[TASK INSTRUCTIONS] From first line to last, write out the data precisely as shown.

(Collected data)
= Beginning of Section =

-- ===== src/Api/Explorer/Traversal.antt =====
-- internal/api/explorer_handler.go: which directory a request is answered from.
use omni_blob.Base.{
  ℕ, ◌≡◌, refl, ap, true, Option, some, List, [], ◌∷◌, ◌++◌, arith, if◌then◌else◌, All, All-append,
  Text, codes, text_eq, or_else, has_prefix, has_prefix-map, lower_byte, to_lower,
}
use omni_blob.Config.{StorageConfig}
use omni_blob.FilePath.{slash, clean, join, is_abs, elements, finish}
use omni_blob.FilePath.Inside.{
  IsPlain, clean_rooted, elements-IsPlain, join-clean, clean-finish, finish-prefix,
}
use omni_blob.Api.Explorer.{
  FileNode, ReadDir, abs_path, base_path, list_inside, list_directory, legacy_listing,
  virtual_listing,
}

-- The directory that is read for a request: the elements of the base, then those of the request,
-- none of which is "..".
abbrev pub inside : Text → Text → Text
inside b path = finish true (elements (slash ∷ b) ++ elements (slash ∷ or_else path (slash ∷ [])))

abs_finish :
    (cwd : Option Text) (ws : List Text)
    → All IsPlain ws
    → abs_path cwd (finish true ws) ≡ some (finish true ws)
unfolding abs_path is_abs finish
abs_finish cwd ws p = ap some (clean-finish ws p)

abs_base : (cwd : Option Text) (b : Text) → abs_path cwd (slash ∷ b) ≡ some (clean (slash ∷ b))
unfolding abs_path is_abs
abs_base cwd b = refl

abs_joined :
    (cwd : Option Text) (b s : Text)
    → abs_path cwd (join ((slash ∷ b) ∷ clean (slash ∷ s) ∷ []))
      ≡ some (finish true (elements (slash ∷ b) ++ elements (slash ∷ s)))
abs_joined cwd b s = rw (join-clean b s) (
    abs_finish cwd (elements (slash ∷ b) ++ elements (slash ∷ s)) (
      All-append IsPlain (elements (slash ∷ b)) (elements (slash ∷ s)) (elements-IsPlain b)
        (elements-IsPlain s)))

not_forbidden :
    (read_dir : Text → ReadDir) (virtual : Text → Option (List FileNode)) (now : ℕ)
    (target req clean_req base full : Text)
    → has_prefix full base ≡ true
    → list_inside read_dir virtual now target req clean_req base full ≡ (
        if text_eq target (codes "omniblob")
        then virtual_listing req now (virtual req)
        else legacy_listing clean_req (read_dir full))
unfolding list_inside to_lower
not_forbidden read_dir virtual now target req clean_req base full h =
    ground (arith, has_prefix-map lower_byte full base h)

-- With an absolute base directory every request, whatever its path, is answered from the directory
-- `inside` the base, with the elements of the base followed by those of the cleaned path, none of
-- which is ".."; a request for "omniblob" is answered from the records.
pub list_directory-inside :
    (cfg : StorageConfig) (cwd : Option Text) (read_dir : Text → ReadDir)
    (virtual : Text → Option (List FileNode)) (now : ℕ) (target path b : Text)
    → base_path cfg target ≡ some (slash ∷ b)
    → (list_directory cfg cwd read_dir virtual now target path ≡ (
        if text_eq target (codes "omniblob")
        then virtual_listing (or_else path (slash ∷ [])) now (virtual (or_else path (slash ∷ [])))
        else legacy_listing (clean (slash ∷ or_else path (slash ∷ []))) (read_dir (inside b path))))
      × All IsPlain (elements (slash ∷ or_else path (slash ∷ [])))
unfolding list_directory
list_directory-inside cfg cwd read_dir virtual now target path b e =
    let req : Text = or_else path (slash ∷ []) in
    (
      rw (e, list_directory, abs_base cwd b, abs_joined cwd b req)
          (not_forbidden read_dir virtual now target req (clean (slash ∷ req)) (clean (slash ∷ b))
            (inside b path)
            (rw (clean_rooted b) (finish-prefix (elements (slash ∷ b)) (elements (slash ∷ req))))),
      elements-IsPlain req,
    )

= End of Section =

[EXERCISE RESULT]
-- ===== src/Api/Explorer/Traversal.antt =====
-- internal/api/explorer_handler.go: which directory a request is answered from.
use omni_blob.Base.{
  ℕ, ◌≡◌, refl, ap, true, Option, some, List, [], ◌∷◌, ◌++◌, arith, if◌then◌else◌, All, All-append,
  Text, codes, text_eq, or_else, has_prefix, has_prefix-map, lower_byte, to_lower,
}
use omni_blob.Config.{StorageConfig}
use omni_blob.FilePath.{slash, clean, join, is_abs, elements, finish}
use omni_blob.FilePath.Inside.{
  IsPlain, clean_rooted, elements-IsPlain, join-clean, clean-finish, finish-prefix,
}
use omni_blob.Api.Explorer.{
  FileNode, ReadDir, abs_path, base_path, list_inside, list_directory, legacy_listing,
  virtual_listing,
}

-- The directory that is read for a request: the elements of the base, then those of the request,
-- none of which is "..".
abbrev pub inside : Text → Text → Text
inside b path = finish true (elements (slash ∷ b) ++ elements (slash ∷ or_else path (slash ∷ [])))

abs_finish :
    (cwd : Option Text) (ws : List Text)
    → All IsPlain ws
    → abs_path cwd (finish true ws) ≡ some (finish true ws)
unfolding abs_path is_abs finish
abs_finish cwd ws p = ap some (clean-finish ws p)

abs_base : (cwd : Option Text) (b : Text) → abs_path cwd (slash ∷ b) ≡ some (clean (slash ∷ b))
unfolding abs_path is_abs
abs_base cwd b = refl

abs_joined :
    (cwd : Option Text) (b s : Text)
    → abs_path cwd (join ((slash ∷ b) ∷ clean (slash ∷ s) ∷ []))
      ≡ some (finish true (elements (slash ∷ b) ++ elements (slash ∷ s)))
abs_joined cwd b s = rw (join-clean b s) (
    abs_finish cwd (elements (slash ∷ b) ++ elements (slash ∷ s)) (
      All-append IsPlain (elements (slash ∷ b)) (elements (slash ∷ s)) (elements-IsPlain b)
        (elements-IsPlain s)))

not_forbidden :
    (read_dir : Text → ReadDir) (virtual : Text → Option (List FileNode)) (now : ℕ)
    (target req clean_req base full : Text)
    → has_prefix full base ≡ true
    → list_inside read_dir virtual now target req clean_req base full ≡ (
        if text_eq target (codes "omniblob")
        then virtual_listing req now (virtual req)
        else legacy_listing clean_req (read_dir full))
unfolding list_inside to_lower
not_forbidden read_dir virtual now target req clean_req base full h =
    ground (arith, has_prefix-map lower_byte full base h)

-- With an absolute base directory every request, whatever its path, is answered from the directory
-- `inside` the base, with the elements of the base followed by those of the cleaned path, none of
-- which is ".."; a request for "omniblob" is answered from the records.
pub list_directory-inside :
    (cfg : StorageConfig) (cwd : Option Text) (read_dir : Text → ReadDir)
    (virtual : Text → Option (List FileNode)) (now : ℕ) (target path b : Text)
    → base_path cfg target ≡ some (slash ∷ b)
    → (list_directory cfg cwd read_dir virtual now target path ≡ (
        if text_eq target (codes "omniblob")
        then virtual_listing (or_else path (slash ∷ [])) now (virtual (or_else path (slash ∷ [])))
        else legacy_listing (clean (slash ∷ or_else path (slash ∷ []))) (read_dir (inside b path))))
      × All IsPlain (elements (slash ∷ or_else path (slash ∷ [])))
unfolding list_directory
list_directory-inside cfg cwd read_dir virtual now target path b e =
    let req : Text = or_else path (slash ∷ []) in
    (
      rw (e, list_directory, abs_base cwd b, abs_joined cwd b req)
          (not_forbidden read_dir virtual now target req (clean (slash ∷ req)) (clean (slash ∷ b))
            (inside b path)
            (rw (clean_rooted b) (finish-prefix (elements (slash ∷ b)) (elements (slash ∷ req))))),
      elements-IsPlain req,
    )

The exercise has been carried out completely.